Objective: A deep learning-based classification system (DLCS) which uses structural brain magnetic resonance imaging (MRI) to diagnose Alzheimer's disease (AD) was developed in a previous recent study. Here, we evaluate its performance by conducting a single-center, case-control clinical trial.

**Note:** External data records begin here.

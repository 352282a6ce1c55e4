-- ===== src/FileTree/Listings.antt =====
-- The listings of pkg/filetree/filetree.go: `AllFiles`, `AllRealPaths`, `ListPaths`, `PathDiff` and `Equal`.
use stereoscope.Errors.{Result, ok, err, ◌>>=◌, panics}
use stereoscope.File.Kinds.{FileType, regular, directory, type_eq, file_type_eq}
use stereoscope.File.Paths.{FilePath, basename}
use stereoscope.File.Refs.{Reference}
use stereoscope.File.Sets
use stereoscope.File.Sets.{IdSet}
use stereoscope.FileTree.Edit.{ancestors_only, all_links}
use stereoscope.FileTree.Lookup.{node_access}
use stereoscope.FileTree.Nodes.{FileNode, file_node_as_node, file_node_id, NodeAccess, file_node}
use stereoscope.Go.Maps.{elem}
use stereoscope.Go.Paths.{join_path}
use stereoscope.Tree
use stereoscope.Tree.{Tree, NodeId}
use stereoscope.Prelude.{
  List, [], ◌∷◌, map, Option, none, some, Bool, false, not, ◌&&◌, byte_string_eq, length, ◌==◌,
  if◌then◌else◌,
}

-- The kinds to look for: regular files, if none are given.
unfoldable pub wanted_types : List FileType → List FileType
wanted_types [] = regular ∷ []
wanted_types (k ∷ ks) = k ∷ ks

-- The loop of `AllFiles`.
unfoldable pub files_of : List FileType → List FileNode → List Reference
unfolding elem
files_of types [] = []
files_of types (n ∷ ns) =
    let rest = files_of types ns in
    elim n.reference [ none ↦ rest | some r ↦ if elem n.file_type types then r ∷ rest else rest ]

-- `AllFiles`
unfoldable pub all_files : List FileType → Tree FileNode → List Reference
all_files types t = files_of (wanted_types types) (Tree.all_nodes t)

-- `AllRealPaths`
unfoldable pub all_real_paths : Tree FileNode → List FilePath
all_real_paths t = map (λ (n : FileNode). n.real_path) (Tree.all_nodes t)

-- The path that a child has in a listing of `dir`; the lookup of a child that finds no node is a panic.
unfoldable pub listed_as : FilePath → Option FileNode → Result FilePath
listed_as dir none = err panics
listed_as dir (some n) = ok (join_path dir (basename n.real_path))

node_of_access : Option NodeAccess → Option FileNode
node_of_access none = none
node_of_access (some a) = file_node a

-- The loop of `ListPaths`.
unfoldable pub list_children : Tree FileNode → FilePath → List FileNode → Result (List FilePath)
unfolding node_of_access
list_children t dir [] = ok []
list_children t dir (c ∷ cs) =
    let rest = list_children t dir cs in
    do
      a ← node_access t c.real_path ancestors_only
      p ← listed_as dir (node_of_access a)
      ps ← rest
      ok (p ∷ ps)

-- What `ListPaths` lists at the node that it finds: nothing, unless that is a directory.
unfoldable pub list_at : Tree FileNode → FilePath → Option FileNode → Result (List FilePath)
list_at t dir none = ok []
list_at t dir (some n) =
    let children = list_children t dir (Tree.child_nodes n t) in
    if type_eq n.file_type directory then children else ok []

-- `ListPaths`
unfoldable pub list_paths : FilePath → Tree FileNode → Result (List FilePath)
unfolding node_of_access
list_paths dir t = node_access t dir all_links >>= λ a. list_at t dir (node_of_access a)

abbrev pub node_ids : Tree FileNode → List NodeId
node_ids t = map file_node_id (Tree.all_nodes t)

-- The IDs of the list that are not in the set.
unfoldable pub outside : IdSet NodeId → List NodeId → List NodeId
outside s [] = []
outside s (k ∷ ks) = let rest = outside s ks in if Sets.has_member s k then rest else k ∷ rest

-- `PathDiff`: the paths of the other tree alone, and those of this tree alone.
unfoldable pub path_diff : Tree FileNode → Tree FileNode → List FilePath × List FilePath
path_diff t other = (
  outside (Sets.new_set (node_ids t)) (node_ids other),
  outside (Sets.new_set (node_ids other)) (node_ids t),
)

-- `Equal`
unfoldable pub same_paths : Tree FileNode → Tree FileNode → Bool
same_paths t other =
    let (extra, missing) = path_diff t other in
    if not (Tree.tree_length t == Tree.tree_length other)
    then false
    else (length extra == 0) && (length missing == 0)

Methods: We retrospectively collected T1-weighted brain MRI scans of subjects who had an accompanying measure of amyloid-beta (Aβ) positivity based on a 18F-florbetaben positron emission tomography scan. The dataset included 188 Aβ-positive patients with mild cognitive impairment or dementia due to AD, and 162 Aβ-negative controls with normal cognition. We calculated the sensitivity, specificity, positive predictive value, negative predictive value, and area under the receiver operating characteristic curve (AUC) of the DLCS in the classification of Aβ-positive AD patients from Aβ-negative controls.
Results: The DLCS showed excellent performance, with sensitivity, specificity, positive predictive value, negative predictive value, and AUC of 85.6% (95% confidence interval [CI], 79.8-90.0), 90.1% (95% CI, 84.5-94.2), 91.0% (95% CI, 86.3-94.1), 84.4% (95% CI, 79.2-88.5), and 0.937 (95% CI, 0.911-0.963), respectively.
Conclusion: The DLCS shows promise in clinical settings where it could be routinely applied to MRI scans regardless of original scan purpose to improve the early detection of AD.
Keywords: Alzheimer disease; Clinical trial; Deep learning; Magnetic resonance imaging.